# Disney Wilderness Lodge Villas: room location



## lobsterlover (Feb 15, 2011)

Someone was kind enough to send me a map
but no info...
what is a good studio and one bed location? Can you see any fireworks up high??

I don't want to be attached to the grand parents but on the same floor.

Do the ground floor units open up and have a patio?

Are the units close to the elevato rs well insulated and quiet? (I heard that). Pops is 81 so want to be close in walking distance to parking lot and boat shuttle.
Thank you tuggers...you're the best help.


----------



## dvc_john (Feb 17, 2011)

No one has replied yet, so I'll take a try.



lobsterlover said:


> Can you see any fireworks up high??


You can't really see the fireworks from the rooms, but if you walk down to the beach you can see the higher up fireworks.



lobsterlover said:


> Do the ground floor units open up and have a patio?.


Yes



lobsterlover said:


> Are the units close to the elevator, well insulated and quiet? .


Well, the units can be very close to the elevators, or a little walk. I don't think the furthest rooms are a terribly long walk. (Not like Boardwalk Villas).
The units are generally pretty quiet, especially if you get a dedicated 1br and a dedicated studio. If you get the 1br or studio portion of a lock-off, there can be some noise from the adjoining room, since the lock-off door is in the middle of the living room. I guess it depends on your neighbors.



lobsterlover said:


> Pops is 81 so want to be close in walking distance to parking lot and boat shuttle.


The DVC units are very close to the bus stop. It will be a little bit of a walk to the boat dock, since it is on the other side of the hotel. Parking can also be a bit of a walk unless you have a handicapped sticker. If you valet park, that will be a little bit of a walk also since that is at the hotel.


----------



## lobsterlover (Feb 20, 2011)

*Thanks John*

Is it worth requesting a ground floor? Do any units open up to the pool?


----------



## lawgs (Feb 20, 2011)

lobsterlover said:


> Is it worth requesting a ground floor? Do any units open up to the pool?



units in the central area  ( that area you enter  from Wilderness Lodge where fireplace, spike room, sturdy branches  and elevators are located ) may open to the pool on the ground floor, but there would be very few...due to the lay out of this area

most of the rooms are in the long hallways

the long hall ways definately do not open to the pools, but may open to a walkway to the pools...not sure about this ( we were on the ground floor in January, but had a patio facing more to the bus stop and housekeeping carts..... )


----------



## AnnaS (Feb 22, 2011)

lobsterlover said:


> Someone was kind enough to send me a map
> but no info...
> what is a good studio and one bed location? Can you see any fireworks up high??
> 
> ...




We stayed here last August and had a first floor unit and had a small patio.


Also as DVC John pointed out - you can walk down to the beach and see some fireworks from there.

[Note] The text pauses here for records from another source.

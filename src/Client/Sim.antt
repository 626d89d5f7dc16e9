-- ===== src/Client/Sim.antt =====
-- cpp/src/nsb_client.cc and cpp/include/nsb_client.h: `NSBSimClient`.
-- `answer` is as for the application's client.
use nsb_beta.Base.{ℕ, Bool, true, false, Option, none, some, Bytes, ℤ, pos}
use nsb_beta.Wire.{
  Operation, Codec, Nsbm, Originator, sim_client, success, blank, pull, push, other_system_mode,
  SystemMode, SimulatorMode, system_wide, per_node, other_simulator_mode, set_manifest, set_src_id,
}
use nsb_beta.Config.{MessageEntry, blank_entry}
use nsb_beta.Outcome.{Outcome, ok, fault, null_pointer}
use nsb_beta.Client.Redis.{Redis}
use nsb_beta.Client.Base.{
  recv, Sent, Client, new_client, SockName, initialize, submit, open_response,
}

-- `NSBSimClient(identifier, ...)`
unfoldable pub new_sim_client :
    Codec → (Sent → Bytes) → SockName → (Bytes → ℤ → Bool) → ℤ → ℤ → Bytes → Outcome Client
unfolding initialize
new_sim_client codec answer names online junk_port junk_num id =
    initialize codec answer names online junk_port junk_num
      (record (new_client id) { origin = some sim_client })

-- The source that a request names: one that is asked for in system-wide mode, and the client's own
-- identifier in per-node mode.
unfoldable pub set_fetch_source : SimulatorMode → Option Bytes → Bytes → Nsbm → Nsbm
set_fetch_source system_wide none id m = m
set_fetch_source system_wide (some src) id m = set_src_id src m
set_fetch_source per_node src id m = set_src_id id m
set_fetch_source (other_simulator_mode n) src id m = m

unfoldable pub fetch_request : Originator → SimulatorMode → Option Bytes → Bytes → Nsbm
unfolding set_fetch_source
fetch_request g mode src id =
    set_fetch_source mode src id (set_manifest Operation.fetch g success blank)

abbrev pub is_fetchable : Operation → Bool
is_fetchable Operation.fetch = true
is_fetchable Operation.forward = true
is_fetchable _ = false

module _ (r : Redis) (codec : Codec) where
  -- `fetch(srcId, timeout)`
  fetch_in :
      (Option Sent → ℤ → Bytes)
      → SystemMode
      → Option Bytes
      → ℤ
      → Client
      → r.State
      → Outcome (MessageEntry × r.State)
  unfolding fetch_request open_response
  fetch_in answer pull src timeout c s = elim c.origin [
    | none ↦ fault null_pointer
    | some g ↦
        open_response r codec is_fetchable
          (answer
            (some (recv, codec.serialize (fetch_request g c.cfg.simulator_mode src c.client_id)))
            timeout)
          c s
  ]
  fetch_in answer push src timeout c s =
      open_response r codec is_fetchable (answer none timeout) c s
  fetch_in answer (other_system_mode n) src timeout c s =
      open_response r codec is_fetchable (answer none timeout) c s

  unfoldable pub sim_fetch :
      (Option Sent → ℤ → Bytes)
      → Option Bytes
      → ℤ
      → Client
      → r.State
      → Outcome (MessageEntry × r.State)
  unfolding fetch_in
  sim_fetch answer src timeout c s = fetch_in answer c.cfg.system_mode src timeout c s

  -- `fetch(timeout)`
  fetch_any_in :
      (Option Sent → ℤ → Bytes)
      → SystemMode
      → ℤ
      → Client
      → r.State
      → Outcome (MessageEntry × r.State)
  unfolding sim_fetch
  fetch_any_in answer pull timeout c s = sim_fetch answer none timeout c s
  fetch_any_in answer push timeout c s = sim_fetch answer none (pos 0) c s
  fetch_any_in answer (other_system_mode n) timeout c s = ok (blank_entry, s)

  unfoldable pub sim_fetch_any :
      (Option Sent → ℤ → Bytes) → ℤ → Client → r.State → Outcome (MessageEntry × r.State)
  unfolding fetch_any_in
  sim_fetch_any answer timeout c s = fetch_any_in answer c.cfg.system_mode timeout c s

  -- `post`
  unfoldable pub sim_post :
      ℕ → Bytes → Bytes → Bytes → Client → r.State → Outcome (Bytes × Sent × Client × r.State)
  unfolding submit
  sim_post now src dest p c s = submit r codec Operation.post now src dest p c s
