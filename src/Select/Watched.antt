-- ===== src/Select/Watched.antt =====
-- What the loop before `select` prepares.
use gnyproxy.Prelude.{
  ℕ, ◌+◌, ◌<◌, ◌≡◌, refl, ap, max, true, List, [], ◌∷◌, ◌==◌, ==_iff, All, map, arith, Bool-cases,
  inl, inr,
}
use gnyproxy.Select.{Services, Conns, FdSet, fd_set, Watch, watch}

-- The sockets of the connections.
abbrev pub sockets : (S : Services) → Conns S → List ℕ
sockets S conns = map (λ p. p.0) conns

-- A set holds no socket from `nfds` on.
abbrev pub Below : ℕ → FdSet → Type 0
Below nfds fds = (s : ℕ) → fds s ≡ true → s < nfds

Below-fd_set :
    (nfds : ℕ) (fds : FdSet) (s : ℕ) → Below nfds fds → Below (max nfds (s + 1)) (fd_set fds s)
Below-fd_set nfds fds s below j h = elim (Bool-cases (j == s)) [
  | inl e ↦ let same = (==_iff j s).0 e in omega arith
  | inr e ↦ let old : fds j ≡ true = (rw e at h) in let small = below j old in omega arith
]

Below-max : (nfds : ℕ) (fds : FdSet) (s : ℕ) → Below nfds fds → Below (max nfds (s + 1)) fds
Below-max nfds fds s below j h = let small = below j h in omega arith

fd_set-has : (fds : FdSet) (s : ℕ) → fd_set fds s s ≡ true
fd_set-has fds s = rw ((==_iff s s).1 refl) refl

fd_set-kept : (fds : FdSet) (s j : ℕ) → fds j ≡ true → fd_set fds s j ≡ true
fd_set-kept fds s j h = elim (Bool-cases (j == s)) [ inl e ↦ rw e refl | inr e ↦ rw e h ]

module _ (S : Services) where
  abbrev pub Bounded : Watch S → Type 0
  Bounded v = Below v.nfds v.read_fds × Below v.nfds v.write_fds

  -- Where nfds is above every socket of the two sets, it is so after the loop before select, too.
  pub watch-Bounded :
      (conns : Conns S) (w : S.World) (nfds : ℕ) (read_fds write_fds : FdSet)
      → Below nfds read_fds
      → Below nfds write_fds
      → Bounded (watch S conns w nfds read_fds write_fds)
  unfolding watch
  watch-Bounded [] w nfds r wr hr hw = (hr, hw)
  watch-Bounded ((s, c) ∷ conns) w nfds r wr hr hw =
      let (w1, c1) = S.update w c in
      let (size, w2, c2) = S.write_size w1 c1 in
      elim (Bool-cases (size == 0)) [
        | inl e ↦ rw e (
            watch-Bounded conns w2 (max nfds (s + 1)) (fd_set r s) wr (Below-fd_set nfds r s hr)
              (Below-max nfds wr s hw))
        | inr e ↦ rw e (
            watch-Bounded conns w2 (max nfds (s + 1)) (fd_set r s) (fd_set wr s)
              (Below-fd_set nfds r s hr) (Below-fd_set nfds wr s hw))
      ]

  -- What was in the set stays in it.
  watch-kept :
      (conns : Conns S) (w : S.World) (nfds : ℕ) (read_fds write_fds : FdSet) (j : ℕ)
      → read_fds j ≡ true
      → (watch S conns w nfds read_fds write_fds).read_fds j ≡ true
  unfolding watch
  watch-kept [] w nfds r wr j h = h
  watch-kept ((s, c) ∷ conns) w nfds r wr j h = watch-kept conns _ _ _ _ j (fd_set-kept r s j h)

  -- The loop before select leaves every connection in its place with its socket, and every such
  -- socket is watched for reading.
  pub watch-sockets :
      (conns : Conns S) (w : S.World) (nfds : ℕ) (read_fds write_fds : FdSet)
      → let v = watch S conns w nfds read_fds write_fds in
        (sockets S v.conns ≡ sockets S conns) × All (λ s. v.read_fds s ≡ true) (sockets S conns)
  unfolding watch
  watch-sockets [] w nfds r wr = (refl, tt)
  watch-sockets ((s, c) ∷ conns) w nfds r wr =
      let (same, each) = watch-sockets conns _ _ _ _ in
      (ap (◌∷◌ s) same, (watch-kept conns _ _ _ _ s (fd_set-has r s), each))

We were not too farm from the elevator/entrance - but there is always some walking around the resort (well any resort really).  Our studio was also right next to the laundry room and we never heard any noise or door closings, etc. coming from people using it.


----------



## lobsterlover (Feb 23, 2011)

Thanks for all the help. I keep hearing that it is very sound proof, thats good.
I know there will be a lot of walking all week but just want to make it easier on the old folks.
I guess I will ask for near the elevator. Or do you even have any kind of input as to where you want to be?
Gosh...can't wait!!


----------